Assigned task: When the line containing "pub fold : Utf16 → Utf16" appears in the data below, begin copying there and stop only after the line containing "string).1 ≡ false".
[[ Material supplied, beginning ]]
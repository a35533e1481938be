-- ===== src/Env/Windows/Agree.antt =====
-- src/env-win32.c: the cache and the environment of the C runtime say the same of every name.

use mathlib.Core.List.{List-discrete}
use mmlib.Base.{
  ℕ, ◌≡◌, ◌≢◌, refl, sym, ap, ◌∙◌, subst, inl, inr, true, false, Option, Option-cases, none, some,
  [], ◌∷◌, ◌++◌, arith, All, if◌then◌else◌, ℕ_discrete,
}
use mmlib.Base.CString.{Bytes}
use mmlib.Env.Windows.{
  Utf16, Envcache, Malloc, Crt, equal_sign, entry_at, no_entry, envstr_get_value, find_entry,
  envcache_find_entry, set_value_at, envcache_create_entry,
}
use mmlib.Env.Windows.Utf8.{get_u16env, getenv_utf8, getenv_uncached, getenv_from, fill_entry}
use mmlib.Env.Windows.Entries.{IsCache, lookup, lookup-Found, lookup-none, find_entry-Found}
use mmlib.Env.Windows.Cache.{Changed}
use mmlib.Env.Windows.Create.{
  Ready, envcache_create_entry-Ready, Enough, envcache_create_entry-done,
}
use mmlib.Env.Windows.Update.{set_value_at-Changed, set_value_at-Found, set_value_at-done}

-- A name that is not empty and has no '='.
abbrev pub IsName : Utf16 → Type 0
IsName name = (name ≢ []) × All (λ c. c ≢ equal_sign) name

-- What Windows documents of _wputenv: "name=value" sets the value, "name=" removes the variable, names are
-- one when they differ in case only, no other variable is changed, and none where it fails. The two
-- conversions are inverse, and that of the empty string is empty.
pub record IsCrt {E : Type 0} (crt : Crt E) : Type 0 where
  pub fold : Utf16 → Utf16
  pub sets :
      (env : E) (name value : Utf16)
      → IsName name
      → value ≢ []
      → (crt.wputenv env (name ++ equal_sign ∷ value)).1 ≡ true
      → crt.wgetenv (crt.wputenv env (name ++ equal_sign ∷ value)).0 name ≡ some value
  pub removes :
      (env : E) (name : Utf16)
      → IsName name
      → (crt.wputenv env (name ++ equal_sign ∷ [])).1 ≡ true
      → crt.wgetenv (crt.wputenv env (name ++ equal_sign ∷ [])).0 name ≡ none
  pub others :
      (env : E) (name value other : Utf16)
      → IsName name
      → fold other ≢ fold name
      → crt.wgetenv (crt.wputenv env (name ++ equal_sign ∷ value)).0 other ≡ crt.wgetenv env other
  pub fails :
      (env : E) (string other : Utf16)
      → (crt.wputenv env string).1 ≡ false
      → crt.wgetenv (crt.wputenv env string).0 other ≡ crt.wgetenv env other
  pub converts :
      (s : Bytes) (u : Utf16)
      → crt.multi_byte_to_wide_char s ≡ some u
      → crt.wide_char_to_multi_byte u ≡ some s
  pub empty : crt.multi_byte_to_wide_char [] ≡ some []

module _ {E : Type 0} (crt : Crt E) where
  abbrev pub converted : Option Utf16 → Option Bytes
  converted none = none
  converted (some value) = crt.wide_char_to_multi_byte value

  -- The value that the C runtime has, in UTF-8.
  unfoldable pub read : E → (name : Bytes) → Option Bytes
  read env name = converted (get_u16env crt env name)

  -- What the cache has, the C runtime has.
  pub record Agrees (env : E) (cache : Envcache) : Type 0 where
    pub valid : IsCache cache.array
    pub agrees :
        (name value : Bytes) → lookup cache.array name ≡ some value → read env name ≡ some value

  -- The names in the cache differ from this one in more than the case.
  abbrev pub Apart : IsCrt crt → Envcache → (name : Bytes) → Utf16 → Type 0
  Apart laws cache name name_u16 =
      (other : Bytes) (u : Utf16)
      → other ≢ name
      → lookup cache.array other ≢ none
      → crt.multi_byte_to_wide_char other ≡ some u
      → laws.fold u ≢ laws.fold name_u16

  pub getenv_utf8-cached :
      (malloc : Malloc) (env : E) (cache : Envcache) (name value : Bytes)
      → lookup cache.array name ≡ some value
      → getenv_utf8 crt malloc env cache name ≡ (cache, some value)
  unfolding getenv_utf8 envcache_find_entry
  getenv_utf8-cached malloc env cache name value h =
      elim (Option-cases (find_entry cache.array name)) [
        | inl n ↦ absurd (ground (arith, h, lookup-none name cache.array n))
        | inr (i, n) ↦
            let reads =
              sym (lookup-Found name cache.array i no_entry (find_entry-Found name cache.array i n))
              ∙ h in
            rw (n, getenv_utf8, envcache_find_entry) (ap (λ v. (cache, v)) reads)
      ]

  read-uncached :
      (env : E) (name : Bytes) (u value : Utf16) (utf8 : Bytes)
      → crt.multi_byte_to_wide_char name ≡ some u
      → crt.wgetenv env u ≡ some value
      → crt.wide_char_to_multi_byte value ≡ some utf8
      → read env name ≡ some utf8
  unfolding read get_u16env
  read-uncached env name u value utf8 m g w = rw (m, g, w, read, get_u16env) refl

  pub read-others :
      (laws : IsCrt crt) (env : E) (name value : Utf16) (other : Bytes)
      → IsName name
      → ((u : Utf16) → crt.multi_byte_to_wide_char other ≡ some u → laws.fold u ≢ laws.fold name)
      → read (crt.wputenv env (name ++ equal_sign ∷ value)).0 other ≡ read env other
  unfolding read get_u16env
  read-others laws env name value other h apart =
      elim (Option-cases (crt.multi_byte_to_wide_char other)) [
        | inl m ↦ rw (m, read, get_u16env) refl
        | inr (u, m) ↦ rw (m, laws.others env name value u h (apart u m), read, get_u16env) refl
      ]

  -- The change of the cache that a change of the C runtime goes with.
  pub Changed-Agrees :
      (env after : E) (cache changed : Envcache) (name : Bytes) (value : Option Bytes)
      → Agrees env cache
      → Changed cache.array name value changed.array
      → ((v : Bytes) → value ≡ some v → read after name ≡ some v)
      → ((other v : Bytes)
          → other ≢ name
          → lookup cache.array other ≡ some v
          → read after other ≡ read env other)
      → Agrees after changed
  Changed-Agrees env after cache changed name value h c reads others = record {
    valid = c.valid;
    agrees = λ other v k. elim (List-discrete ℕ_discrete other name) [
      | yes e ↦ ap (read after) e ∙ reads v (sym c.reads ∙ sym (ap (lookup changed.array) e) ∙ k)
      | no apart ↦
          let old = sym (c.others other apart) ∙ k in
          others other v apart old ∙ h.agrees other v old
    ];
  }

  -- The value is stored in the entry that is made for it.
  fill_entry-reads :
      (malloc : Malloc) (env : E) (cache created : Envcache) (name utf8 : Bytes) (i : ℕ)
      → Agrees env cache
      → Ready cache.array name created.array i
      → read env name ≡ some utf8
      → Enough malloc
      → ((fill_entry malloc (created, some i) (some utf8)).1 ≡ some utf8)
        × Agrees env (fill_entry malloc (created, some i) (some utf8)).0
  fill_entry-reads malloc env cache created name utf8 i h r e enough =
      let done = set_value_at-done malloc created i utf8 enough in
      let after = (set_value_at malloc created i utf8).0 in
      let f = set_value_at-Found malloc created name i utf8 r.kept r.found in
      let c = set_value_at-Changed malloc created name i utf8 r.kept r.found done in
      let value = sym (lookup-Found name after.array i no_entry f) ∙ c.reads in
      (
        subst (λ b. (if b then some (envstr_get_value (entry_at after i)) else none) ≡ some utf8)
            (sym done) value,
        Changed-Agrees env env cache after name (some utf8) h
            (record {
              valid = c.valid;
              reads = c.reads;
              others = λ other apart. c.others other apart ∙ r.same other apart;
            })
            (λ v k. e ∙ k) (λ other v apart k. refl),
      )

  fill-reads :
      (malloc : Malloc) (env : E) (cache : Envcache) (name : Bytes) (made : Envcache × Option ℕ)
      (utf8 : Option Bytes) (i : ℕ)
      → Agrees env cache
      → ((j : ℕ) → made.1 ≡ some j → Ready cache.array name made.0.array j)
      → made.1 ≡ some i
      → utf8 ≢ none
      → ((u : Bytes) → utf8 ≡ some u → read env name ≡ some u)
      → Enough malloc
      → ((fill_entry malloc made utf8).1 ≡ read env name)
        × Agrees env (fill_entry malloc made utf8).0
  fill-reads malloc env cache name (created, none) utf8 i h r m converts reads enough =
      absurd (ground (arith, m))
  fill-reads malloc env cache name (created, some j) none i h r m converts reads enough =
      absurd (converts refl)
  fill-reads malloc env cache name (created, some j) (some u) i h r m converts reads enough =
      let (value, agrees) =
        fill_entry-reads malloc env cache created name u j h (r j refl) (reads u refl) enough in
      (value ∙ sym (reads u refl), agrees)

  getenv_uncached-reads :
      (malloc : Malloc) (env : E) (cache : Envcache) (name : Bytes) (value : Option Utf16)
      → Agrees env cache
      → find_entry cache.array name ≡ none
      → get_u16env crt env name ≡ value
      → ((v : Utf16) → value ≡ some v → crt.wide_char_to_multi_byte v ≢ none)
      → Enough malloc
      → ((getenv_uncached crt malloc env cache name value).1 ≡ read env name)
        × Agrees env (getenv_uncached crt malloc env cache name value).0
  unfolding read
  getenv_uncached-reads malloc env cache name none h n e converts enough = (rw (e, read) refl, h)
  getenv_uncached-reads malloc env cache name (some v) h n e converts enough =
      let (i, created) = envcache_create_entry-done malloc cache name enough in
      fill-reads malloc env cache name (envcache_create_entry malloc cache name)
        (crt.wide_char_to_multi_byte v) i h
        (λ j m. envcache_create_entry-Ready malloc cache name j h.valid n m) created
        (converts v refl) (λ u k. rw (e, read) k) enough

  getenv_from-reads :
      (malloc : Malloc) (env : E) (cache : Envcache) (name : Bytes) (found : Option ℕ)
      → Agrees env cache
      → find_entry cache.array name ≡ found
      → ((v : Utf16) → get_u16env crt env name ≡ some v → crt.wide_char_to_multi_byte v ≢ none)
      → Enough malloc
      → ((getenv_from crt malloc env cache name found).1 ≡ read env name)
        × Agrees env (getenv_from crt malloc env cache name found).0
  getenv_from-reads malloc env cache name none h n converts enough =
      getenv_uncached-reads malloc env cache name (get_u16env crt env name) h n refl converts enough
  getenv_from-reads malloc env cache name (some i) h n converts enough =
      let value =
        lookup-Found name cache.array i no_entry (find_entry-Found name cache.array i n) in
      (sym (h.agrees name (envstr_get_value (entry_at cache i)) value), h)

-- When the cache says what the C runtime says, its values can be converted and every allocation succeeds,
-- getenv_utf8 returns what the C runtime has for the name, and the cache still says what the C runtime says.
pub getenv_utf8-reads :
    {E : Type 0} (crt : Crt E) (malloc : Malloc) (env : E) (cache : Envcache) (name : Bytes)
    → Agrees crt env cache
    → ((v : Utf16) → get_u16env crt env name ≡ some v → crt.wide_char_to_multi_byte v ≢ none)
    → Enough malloc
    → ((getenv_utf8 crt malloc env cache name).1 ≡ read crt env name)
      × Agrees crt env (getenv_utf8 crt malloc env cache name).0
unfolding getenv_utf8 envcache_find_entry
getenv_utf8-reads crt malloc env cache name h converts enough =
    getenv_from-reads crt malloc env cache name (find_entry cache.array name) h refl converts enough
[[ Material supplied, end ]]
Expected answer:
  pub fold : Utf16 → Utf16
  pub sets :
      (env : E) (name value : Utf16)
      → IsName name
      → value ≢ []
      → (crt.wputenv env (name ++ equal_sign ∷ value)).1 ≡ true
      → crt.wgetenv (crt.wputenv env (name ++ equal_sign ∷ value)).0 name ≡ some value
  pub removes :
      (env : E) (name : Utf16)
      → IsName name
      → (crt.wputenv env (name ++ equal_sign ∷ [])).1 ≡ true
      → crt.wgetenv (crt.wputenv env (name ++ equal_sign ∷ [])).0 name ≡ none
  pub others :
      (env : E) (name value other : Utf16)
      → IsName name
      → fold other ≢ fold name
      → crt.wgetenv (crt.wputenv env (name ++ equal_sign ∷ value)).0 other ≡ crt.wgetenv env other
  pub fails :
      (env : E) (string other : Utf16)
      → (crt.wputenv env string).1 ≡ false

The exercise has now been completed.